Top of Data under study

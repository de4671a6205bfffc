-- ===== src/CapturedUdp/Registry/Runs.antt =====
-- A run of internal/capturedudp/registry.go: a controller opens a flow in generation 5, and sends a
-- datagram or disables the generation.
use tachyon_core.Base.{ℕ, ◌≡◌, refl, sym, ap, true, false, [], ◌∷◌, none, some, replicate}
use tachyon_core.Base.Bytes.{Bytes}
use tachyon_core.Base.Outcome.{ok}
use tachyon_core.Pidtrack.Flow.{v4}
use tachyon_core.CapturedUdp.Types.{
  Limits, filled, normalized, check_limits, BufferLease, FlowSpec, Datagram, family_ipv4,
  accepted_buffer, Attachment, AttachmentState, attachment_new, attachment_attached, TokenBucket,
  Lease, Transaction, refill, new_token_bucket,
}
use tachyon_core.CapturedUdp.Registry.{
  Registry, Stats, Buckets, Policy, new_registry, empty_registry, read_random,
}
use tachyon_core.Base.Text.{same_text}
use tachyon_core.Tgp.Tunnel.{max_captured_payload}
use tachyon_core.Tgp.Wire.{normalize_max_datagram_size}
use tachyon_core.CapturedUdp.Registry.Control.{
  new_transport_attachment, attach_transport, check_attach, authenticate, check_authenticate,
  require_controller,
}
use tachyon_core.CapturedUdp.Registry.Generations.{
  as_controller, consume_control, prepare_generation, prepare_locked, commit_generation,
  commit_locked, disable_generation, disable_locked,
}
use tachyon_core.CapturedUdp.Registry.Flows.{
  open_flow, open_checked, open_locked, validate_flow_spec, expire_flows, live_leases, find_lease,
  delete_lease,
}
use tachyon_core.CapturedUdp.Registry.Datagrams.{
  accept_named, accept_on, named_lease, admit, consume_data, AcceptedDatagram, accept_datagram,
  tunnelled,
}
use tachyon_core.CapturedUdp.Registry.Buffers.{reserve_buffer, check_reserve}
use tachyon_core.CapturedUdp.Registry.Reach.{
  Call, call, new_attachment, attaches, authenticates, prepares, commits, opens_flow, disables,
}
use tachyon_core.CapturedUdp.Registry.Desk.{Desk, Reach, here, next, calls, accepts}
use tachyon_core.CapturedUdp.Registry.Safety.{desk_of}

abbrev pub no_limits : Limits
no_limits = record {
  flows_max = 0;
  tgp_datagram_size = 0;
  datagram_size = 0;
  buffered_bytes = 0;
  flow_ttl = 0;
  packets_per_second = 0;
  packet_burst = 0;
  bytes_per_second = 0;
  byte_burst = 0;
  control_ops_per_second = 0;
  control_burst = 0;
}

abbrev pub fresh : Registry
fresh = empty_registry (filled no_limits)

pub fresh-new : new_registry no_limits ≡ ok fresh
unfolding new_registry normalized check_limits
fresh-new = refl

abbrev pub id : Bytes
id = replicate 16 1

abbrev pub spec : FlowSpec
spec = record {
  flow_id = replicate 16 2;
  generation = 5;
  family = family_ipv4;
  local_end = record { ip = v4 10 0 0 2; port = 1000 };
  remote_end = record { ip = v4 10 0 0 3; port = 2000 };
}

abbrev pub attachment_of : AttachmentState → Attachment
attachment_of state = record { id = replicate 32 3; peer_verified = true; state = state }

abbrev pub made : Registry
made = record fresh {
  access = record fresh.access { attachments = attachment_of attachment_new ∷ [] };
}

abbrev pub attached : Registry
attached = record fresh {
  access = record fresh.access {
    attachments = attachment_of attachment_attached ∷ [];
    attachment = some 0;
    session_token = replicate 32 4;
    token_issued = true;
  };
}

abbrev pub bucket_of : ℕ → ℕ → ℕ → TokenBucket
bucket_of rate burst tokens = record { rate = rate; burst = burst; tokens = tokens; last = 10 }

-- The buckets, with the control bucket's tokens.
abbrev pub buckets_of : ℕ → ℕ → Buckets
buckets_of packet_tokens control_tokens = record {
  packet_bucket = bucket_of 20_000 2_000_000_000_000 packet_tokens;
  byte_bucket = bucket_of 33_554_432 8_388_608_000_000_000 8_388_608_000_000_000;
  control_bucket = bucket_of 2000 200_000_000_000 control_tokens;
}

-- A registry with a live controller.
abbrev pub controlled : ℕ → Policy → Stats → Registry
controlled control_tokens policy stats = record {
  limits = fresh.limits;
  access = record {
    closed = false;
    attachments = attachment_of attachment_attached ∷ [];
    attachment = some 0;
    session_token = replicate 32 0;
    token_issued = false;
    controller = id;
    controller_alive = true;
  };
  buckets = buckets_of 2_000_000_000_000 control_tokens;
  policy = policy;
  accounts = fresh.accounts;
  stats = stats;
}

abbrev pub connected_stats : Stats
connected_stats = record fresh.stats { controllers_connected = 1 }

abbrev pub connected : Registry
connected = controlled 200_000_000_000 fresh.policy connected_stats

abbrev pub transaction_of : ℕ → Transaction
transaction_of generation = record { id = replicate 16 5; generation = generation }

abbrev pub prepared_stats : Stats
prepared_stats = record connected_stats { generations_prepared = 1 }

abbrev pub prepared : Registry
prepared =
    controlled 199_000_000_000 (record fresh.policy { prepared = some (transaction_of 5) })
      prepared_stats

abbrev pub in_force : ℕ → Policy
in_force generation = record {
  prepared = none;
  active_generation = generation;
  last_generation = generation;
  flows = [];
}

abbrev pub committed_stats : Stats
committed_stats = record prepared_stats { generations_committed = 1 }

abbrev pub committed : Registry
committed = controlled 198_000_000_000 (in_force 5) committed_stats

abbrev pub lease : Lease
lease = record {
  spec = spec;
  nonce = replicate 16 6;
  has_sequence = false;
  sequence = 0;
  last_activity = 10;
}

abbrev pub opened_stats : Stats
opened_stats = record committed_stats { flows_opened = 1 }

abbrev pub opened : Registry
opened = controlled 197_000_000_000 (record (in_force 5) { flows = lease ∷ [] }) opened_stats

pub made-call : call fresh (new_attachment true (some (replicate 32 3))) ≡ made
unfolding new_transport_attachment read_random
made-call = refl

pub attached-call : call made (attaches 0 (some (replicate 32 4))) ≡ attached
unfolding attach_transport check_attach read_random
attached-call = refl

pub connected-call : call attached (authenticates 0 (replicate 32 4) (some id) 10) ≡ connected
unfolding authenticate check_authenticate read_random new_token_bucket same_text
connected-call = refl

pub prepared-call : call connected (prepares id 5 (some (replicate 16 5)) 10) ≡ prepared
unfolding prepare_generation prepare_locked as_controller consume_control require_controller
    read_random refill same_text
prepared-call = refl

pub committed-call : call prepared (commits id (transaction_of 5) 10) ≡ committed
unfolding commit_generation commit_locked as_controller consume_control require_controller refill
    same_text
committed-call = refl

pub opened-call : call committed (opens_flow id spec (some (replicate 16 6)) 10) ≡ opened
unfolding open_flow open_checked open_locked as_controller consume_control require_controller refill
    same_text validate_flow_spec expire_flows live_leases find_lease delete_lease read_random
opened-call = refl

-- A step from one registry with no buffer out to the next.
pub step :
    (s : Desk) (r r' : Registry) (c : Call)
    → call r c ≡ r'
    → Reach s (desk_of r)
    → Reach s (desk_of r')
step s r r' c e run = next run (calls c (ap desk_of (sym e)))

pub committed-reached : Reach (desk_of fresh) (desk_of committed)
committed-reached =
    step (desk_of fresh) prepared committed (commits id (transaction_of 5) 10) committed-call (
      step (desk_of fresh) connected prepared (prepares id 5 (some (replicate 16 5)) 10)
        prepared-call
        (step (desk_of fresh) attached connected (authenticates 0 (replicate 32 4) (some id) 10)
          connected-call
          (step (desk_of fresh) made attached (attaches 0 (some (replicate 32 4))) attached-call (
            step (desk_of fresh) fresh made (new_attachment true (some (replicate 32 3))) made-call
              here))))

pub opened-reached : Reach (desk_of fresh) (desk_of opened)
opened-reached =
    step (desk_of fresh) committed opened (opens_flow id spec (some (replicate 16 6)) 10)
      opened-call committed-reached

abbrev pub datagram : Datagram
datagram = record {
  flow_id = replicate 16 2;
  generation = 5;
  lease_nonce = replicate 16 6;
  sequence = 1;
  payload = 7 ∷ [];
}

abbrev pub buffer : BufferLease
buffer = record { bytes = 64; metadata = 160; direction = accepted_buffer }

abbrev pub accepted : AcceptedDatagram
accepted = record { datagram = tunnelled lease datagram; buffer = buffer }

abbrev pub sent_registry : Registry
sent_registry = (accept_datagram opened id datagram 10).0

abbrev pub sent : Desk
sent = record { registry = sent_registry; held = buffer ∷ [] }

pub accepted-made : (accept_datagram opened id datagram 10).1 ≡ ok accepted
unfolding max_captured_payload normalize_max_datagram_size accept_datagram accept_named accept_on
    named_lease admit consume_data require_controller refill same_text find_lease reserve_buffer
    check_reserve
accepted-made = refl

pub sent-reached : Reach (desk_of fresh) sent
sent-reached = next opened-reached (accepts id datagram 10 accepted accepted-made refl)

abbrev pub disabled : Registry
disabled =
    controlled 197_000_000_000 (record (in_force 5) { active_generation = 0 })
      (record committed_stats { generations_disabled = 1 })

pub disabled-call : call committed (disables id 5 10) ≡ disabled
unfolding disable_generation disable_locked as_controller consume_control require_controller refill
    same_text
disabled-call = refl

Bottom of Data under study
Top of Data under study

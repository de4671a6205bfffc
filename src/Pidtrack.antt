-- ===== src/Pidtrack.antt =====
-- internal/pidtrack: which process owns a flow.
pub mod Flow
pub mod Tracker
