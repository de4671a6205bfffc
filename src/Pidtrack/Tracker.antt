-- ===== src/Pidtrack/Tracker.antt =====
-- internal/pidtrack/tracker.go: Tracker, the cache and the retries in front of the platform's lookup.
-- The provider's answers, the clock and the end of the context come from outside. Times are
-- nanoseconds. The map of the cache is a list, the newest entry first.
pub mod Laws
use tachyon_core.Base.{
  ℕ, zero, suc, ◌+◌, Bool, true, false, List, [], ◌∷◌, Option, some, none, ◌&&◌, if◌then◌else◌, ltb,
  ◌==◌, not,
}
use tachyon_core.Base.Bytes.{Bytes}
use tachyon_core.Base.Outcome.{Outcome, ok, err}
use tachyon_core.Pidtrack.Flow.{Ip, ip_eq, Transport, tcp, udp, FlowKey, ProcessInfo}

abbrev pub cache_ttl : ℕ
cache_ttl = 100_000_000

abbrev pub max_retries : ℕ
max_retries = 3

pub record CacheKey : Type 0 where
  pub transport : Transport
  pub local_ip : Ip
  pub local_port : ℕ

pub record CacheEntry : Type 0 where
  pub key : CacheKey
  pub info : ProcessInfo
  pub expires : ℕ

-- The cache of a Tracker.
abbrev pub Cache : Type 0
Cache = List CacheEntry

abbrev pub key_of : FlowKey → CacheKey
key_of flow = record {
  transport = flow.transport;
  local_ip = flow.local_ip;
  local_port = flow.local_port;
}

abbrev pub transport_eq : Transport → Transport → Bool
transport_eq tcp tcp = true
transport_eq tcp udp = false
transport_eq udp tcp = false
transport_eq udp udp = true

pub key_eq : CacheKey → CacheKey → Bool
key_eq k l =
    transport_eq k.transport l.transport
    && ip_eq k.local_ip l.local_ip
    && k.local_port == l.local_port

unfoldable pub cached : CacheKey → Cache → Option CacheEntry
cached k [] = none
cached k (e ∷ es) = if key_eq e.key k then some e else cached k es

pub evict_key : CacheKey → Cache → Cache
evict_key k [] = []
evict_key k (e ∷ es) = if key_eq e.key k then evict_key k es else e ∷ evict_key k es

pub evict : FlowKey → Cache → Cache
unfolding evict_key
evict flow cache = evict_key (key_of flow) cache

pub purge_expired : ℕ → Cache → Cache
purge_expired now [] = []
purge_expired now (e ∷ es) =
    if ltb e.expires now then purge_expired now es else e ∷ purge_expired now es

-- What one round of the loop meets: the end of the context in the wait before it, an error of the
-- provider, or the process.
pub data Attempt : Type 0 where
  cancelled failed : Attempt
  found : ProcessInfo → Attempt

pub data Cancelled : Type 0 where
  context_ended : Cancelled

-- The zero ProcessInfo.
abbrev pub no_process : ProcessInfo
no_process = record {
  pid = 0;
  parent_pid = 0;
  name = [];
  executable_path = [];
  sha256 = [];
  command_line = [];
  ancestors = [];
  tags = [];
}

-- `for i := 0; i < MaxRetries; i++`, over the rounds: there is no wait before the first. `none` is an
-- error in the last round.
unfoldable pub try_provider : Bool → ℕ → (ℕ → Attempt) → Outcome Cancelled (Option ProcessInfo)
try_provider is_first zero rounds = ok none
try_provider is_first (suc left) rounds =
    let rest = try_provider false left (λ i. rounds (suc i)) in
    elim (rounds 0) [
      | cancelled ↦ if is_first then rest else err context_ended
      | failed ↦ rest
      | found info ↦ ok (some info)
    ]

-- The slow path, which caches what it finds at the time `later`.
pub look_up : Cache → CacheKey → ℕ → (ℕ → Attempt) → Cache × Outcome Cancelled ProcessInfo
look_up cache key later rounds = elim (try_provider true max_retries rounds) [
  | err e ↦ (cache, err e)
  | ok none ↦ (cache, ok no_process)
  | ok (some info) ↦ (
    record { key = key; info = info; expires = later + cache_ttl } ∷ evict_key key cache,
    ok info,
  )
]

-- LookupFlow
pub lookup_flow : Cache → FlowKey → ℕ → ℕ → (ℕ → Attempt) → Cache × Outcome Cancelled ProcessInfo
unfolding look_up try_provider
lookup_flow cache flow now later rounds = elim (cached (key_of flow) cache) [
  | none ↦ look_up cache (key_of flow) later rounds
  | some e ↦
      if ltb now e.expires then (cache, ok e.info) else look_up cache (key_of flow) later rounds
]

Bottom of Data under study

- [What needs to be done]:
Looking at the listing above, which lines hold "Attempt"? Copy every such line.

- [Finished exercise]:
pub data Attempt : Type 0 where
  cancelled failed : Attempt
  found : ProcessInfo → Attempt
unfoldable pub try_provider : Bool → ℕ → (ℕ → Attempt) → Outcome Cancelled (Option ProcessInfo)
pub look_up : Cache → CacheKey → ℕ → (ℕ → Attempt) → Cache × Outcome Cancelled ProcessInfo
pub lookup_flow : Cache → FlowKey → ℕ → ℕ → (ℕ → Attempt) → Cache × Outcome Cancelled ProcessInfo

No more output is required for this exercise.